Natürlich mit Photoshop - fals du im Besitz des Programms bist mache ich dir eben was fertig..


----------



## ShadowMan (25. Juni 2004)

Darfst du das Plakat mit der Grafik oben denn so einfach wieder verwenden? Bin mir da nämlich ehrlich gesagt gar nicht so sicher. Sonst hätten sie ja ihre psd direkt dabei gelegt, aber andererseits habt ihr das ja auch bezahlt... 
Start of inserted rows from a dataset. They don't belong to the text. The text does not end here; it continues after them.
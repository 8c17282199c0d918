-- ===== src/BufferCache/Tests.antt =====
-- src/os/buffer_cache.cc: the theorems on a full cache of two blocks, the older one dirty.
use hecios.Assoc.{find, assign, erase}
use hecios.LruCache.{
  Entry, LruCache, Result, ok, undefined, ◌>>=◌, percent_dirty, exists, lookup, insert,
  update_entry, add_entry,
}
use hecios.LruCache.Recency.{Represents, inserted, evicted}
use hecios.LruCache.Insertion.{entry}
use hecios.BufferCache.{
  BufferCache, forward, passed_on, read, write, read_response, write_response, Request,
  handle_block_request, is_full, is_cached, handle_read, handle_write, handle_block_response,
  evict_cache_entry,
}
use hecios.BufferCache.Eviction.{holds, refreshed, written_back, evict_cache_entry-Represents}
use hecios.BufferCache.Pending.{waiting, filled, handle_block_response_lem}
use hecios.BufferCache.Requests.{goes_through, is_nil, handle_read_lem, handle_write_lem}
use hecios.Prelude.{
  ℕ, ◌+◌, Bool, true, false, not, List, [], ◌∷◌, ◌++◌, map, if◌then◌else◌, ◌==◌, ltb, leb, add_u64,
  ◌≡◌, ◌⊎◌, refl, arith, length, ℕ_discrete as dec,
}

abbrev blocks : List (ℕ × Entry ℕ)
blocks =
    (7, record { value = 0; is_dirty = false }) ∷ (5, record { value = 0; is_dirty = true }) ∷ []

abbrev block_cache : LruCache ℕ ℕ
block_cache = record {
  key_entry_map = blocks;
  lru_list = 7 ∷ 5 ∷ [];
  max_entries = 2;
  num_dirty = 1;
  num_entries = 2;
}

-- Two reads wait for block 9, and one for block 3.
abbrev busy : BufferCache
busy = record {
  cache = block_cache;
  pending = (9, 100) ∷ (3, 101) ∷ (9, 102) ∷ [];
  num_requests = 3;
  num_hits = 0;
  num_misses = 2;
  num_write_throughs = 0;
}

-- More than half of the cache is dirty.
abbrev over_half : ℕ → ℕ → Bool
over_half dirty capacity = ltb capacity (dirty + dirty)

block_cache-Represents : Represents dec block_cache blocks
unfolding find dec
block_cache-Represents = record {
  order = refl;
  agree = λ k. refl;
  distinct = (refl, (refl, tt));
  map_distinct = (refl, (refl, tt));
  map_size = refl;
  counted = refl;
  bounded = omega arith;
  positive = omega arith;
  fits = omega arith;
}

evict_cache_entry-Represents_example :
    (c' : LruCache ℕ ℕ) × (evict_cache_entry block_cache 9
      ≡ ok (c', written_back (evicted dec 2 9 blocks)))
    × Represents dec c' (if length blocks == 2 then refreshed 9 blocks else blocks)
evict_cache_entry-Represents_example =
    evict_cache_entry-Represents block_cache 9 blocks block_cache-Represents

handle_read_lem_example :
    (s' : BufferCache) × (handle_read busy 103 3
      ≡ ok (
        s',
        if holds (find dec 3 blocks)
            then read_response 103 ∷ []
            else if is_nil (waiting busy.pending 3)
            then forward (passed_on (read 103 3)) ∷ []
            else [],
      ))
    × Represents dec s'.cache (refreshed 3 blocks)
    × (waiting s'.pending 3 ≡ (
        if holds (find dec 3 blocks)
        then waiting busy.pending 3
        else waiting busy.pending 3 ++ 103 ∷ []))
    × ((other : ℕ) → (3 == other) ≡ false → waiting s'.pending other ≡ waiting busy.pending other)
handle_read_lem_example = handle_read_lem busy 103 3 blocks block_cache-Represents

handle_write_lem_example :
    ((leb 1 2 ≡ false) × (handle_write over_half busy 104 8 false ≡ undefined))
    ⊎ ((leb 1 2 ≡ true)
        × ((s' : BufferCache) × (handle_write over_half busy 104 8 false
              ≡ ok (
                s',
                written_back (evicted dec 2 8 blocks)
                    ++ (if goes_through over_half busy false
                        then forward (passed_on (write 104 8 true))
                        else write_response 104)
                      ∷ [],
              ))
            × Represents dec s'.cache
                (inserted dec 2 8 (entry dec 0 (not (goes_through over_half busy false))) blocks)
            × (s'.pending ≡ busy.pending)))
handle_write_lem_example = handle_write_lem over_half busy 104 8 false blocks block_cache-Represents

program : Unit {0}
unfolding handle_block_request handle_write percent_dirty evict_cache_entry is_full is_cached exists
    lookup insert update_entry add_entry find assign erase add_u64 dec
program = tt

-- The requests one after the other.
handle_all : BufferCache → List Request → Result BufferCache
handle_all s [] = ok s
handle_all s (r ∷ requests) = do
  next ← handle_block_request (λ dirty capacity. false) s r
  handle_all next.0 requests

abbrev empty : BufferCache
empty = record {
  cache = record {
    key_entry_map = [];
    lru_list = [];
    max_entries = 4;
    num_dirty = 0;
    num_entries = 0;
  };
  pending = [];
  num_requests = 0;
  num_hits = 0;
  num_misses = 0;
  num_write_throughs = 0;
}

-- Three writes of one block, the second one through, count it as dirty twice, and the assert of the
-- next write fails.
writes_fail :
    handle_all empty (write 1 7 false ∷ write 2 7 true ∷ write 3 7 false ∷ write 4 7 false ∷ [])
    ≡ undefined
unfolding program handle_all
writes_fail = refl

handle_block_response_lem_example :
    (s' : BufferCache) × (handle_block_response busy (passed_on (read 100 9))
      ≡ ok
          (s', written_back (evicted dec 2 9 blocks) ++ map read_response (waiting busy.pending 9)))
    × Represents dec s'.cache (filled 2 9 blocks)
    × (waiting s'.pending 9 ≡ [])
    × ((other : ℕ) → (9 == other) ≡ false → waiting s'.pending other ≡ waiting busy.pending other)
handle_block_response_lem_example =
    handle_block_response_lem busy 100 9 blocks block_cache-Represents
Würde mich jedenfalls mal interessieren ob man sowas einfach machen darf, weil mir sowas schon mal selbst passiert ist und ich mich ehrlich gesagt sehr darüber geärgert habe, da andere meine "verkaufte" Grafik wiederverwendet haben und dafür dann auch geld bekommen haben *grrrr*

Aber zum eigentlichen Thema: Mit PS dürfe das sehr leicht machbar sein. Würde Einfach den kompletten Verlauf neu machen und dann die Sachen drauf schreiben. Das Männchen und die Grafik oben kannst du dabei ja dann außer Acht lassen.


Liebe Grüße,
Shadow ;-]


----------



## bossidlg (25. Juni 2004)

Also für die Grafiken haben wir die Rechte, 

Ja ich habe Adobe Photoshop


----------



## Clubkatze (25. Juni 2004)

Dann ist das ganze ja kein Thema   Als psd wäre das dingen allerdings 99mb groß gewesen...*g, deswegen hier das jpg - oh ich sehe gerade das ich etwas unsauber war...kannste ja selbst noch eben ausbessern!

*edit* : Datei gelöscht


----------



## bossidlg (25. Juni 2004)

Danke dir,

dürfte ich erfahren wie das jetzt ging


----------



## Clubkatze (25. Juni 2004)

Nichts zu danken,  macht 50 Euronen 

Ganz einfach die Schrift quasi "übermalt" und im unteren Teil hab ich n neuen Verlauf erstellt.

Hier nochmal die ausgebesserte Version, müsste jetzt besser ausehen
 (lads am besten gleich runter, lösche´s nämlich dann wieder):

edit: link disabled


----------